Литмир - Электронная Библиотека
A
A

— То есть как — изменились?

— Трудно сказать. Помните мои слова на новоселье Лутвея, после того как вас качали, вы еще говорили мне, что чувствовали себя в тот момент святой? Я сказал тогда, что ваш рот казался меньше, чем обычно. Не так ли?

Тикси в знак согласия кивнула.

— Теперь я уже так не сказал бы.

Тикси молчала и ждала, ждала с нетерпением.

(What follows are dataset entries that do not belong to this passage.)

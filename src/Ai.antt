-- ===== src/Ai.antt =====
-- The AI gateway (crates/fp-domain/src/ai.rs): the framing of server-sent events that streams
-- through the gateway, and the accounting of the tokens they report.
pub mod Sse
pub mod Framing
pub mod Complete
pub mod Strip
mod Tests
pub mod Budget
pub mod Backends
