-- ===== src/Base/Equality.antt =====
-- Equality tests as an interface: what a key of a map must offer (Rust's `Eq`).
use mathlib.Core.Path.{◌≡◌}
use mathlib.Core.Logic.{◌↔◌}
use mathlib.Core.Bool.{Bool, true, false, ◌&&◌}
use mathlib.Core.List.{List, [], ◌∷◌}
use native.Mathlib.Omega.{arith}
use Prim.Native.Nat.{ℕ}
use flowplane.Base.Tests.{nat_eq, nat_eq_iff}

pub record Eq {ℓ} (A : Type ℓ) : Type ℓ where
  pub eq : A → A → Bool
  pub eq_iff : (this other : A) → (eq this other ≡ true) ↔ (this ≡ other)

infix 50 ◌==◌
module _ {ℓ} {A : Type ℓ} ⦃e : Eq A⦄ where
  abbrev pub ◌==◌ : A → A → Bool
  ◌==◌ x y = e.eq x y

instance abbrev pub ℕ-Eq : Eq ℕ
ℕ-Eq = record { eq = nat_eq; eq_iff = nat_eq_iff }

abbrev pub list_eq {ℓ} : {A : Type ℓ} → (A → A → Bool) → List A → List A → Bool
list_eq eq [] [] = true
list_eq eq (x ∷ xs) (y ∷ ys) = eq x y && list_eq eq xs ys
list_eq eq _ _ = false

pub list_eq_iff {ℓ} :
    {A : Type ℓ} (e : Eq A) (xs ys : List A) → (list_eq e.eq xs ys ≡ true) ↔ (xs ≡ ys)
list_eq_iff e [] [] = ground arith
list_eq_iff e [] (y ∷ ys) = ground arith
list_eq_iff e (x ∷ xs) [] = ground arith
list_eq_iff e (x ∷ xs) (y ∷ ys) = ground (arith, e.eq_iff x y, list_eq_iff e xs ys)

instance abbrev pub List-Eq {ℓ} : {A : Type ℓ} ⦃e : Eq A⦄ → Eq (List A)
List-Eq ⦃e⦄ = record { eq = list_eq e.eq; eq_iff = list_eq_iff e }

— Теперь бы я сказал, — продолжал молодой человек, — «ваши глаза завлекают, а ваш рот возбуждает желание».

Тикси ничего не ответила, лишь покраснела, покраснела так сильно, что ее ушки, пронизанные солнечными лучами, запылали огнем.

— Но вы все равно святая, еще больше святая, чем прежде, — продолжал Кулно.

Тикси робко взглянула Кулно в лицо, словно боялась увидеть на нем хитрую улыбку или двусмысленную усмешку, но нет, — молодой человек был совершенно серьезен. Это несколько успокоило девушку, и она осмелилась спросить:

— Это вы серьезно?

— Совершенно серьезно. Вы именно потому и опасны, что всегда остаетесь святой.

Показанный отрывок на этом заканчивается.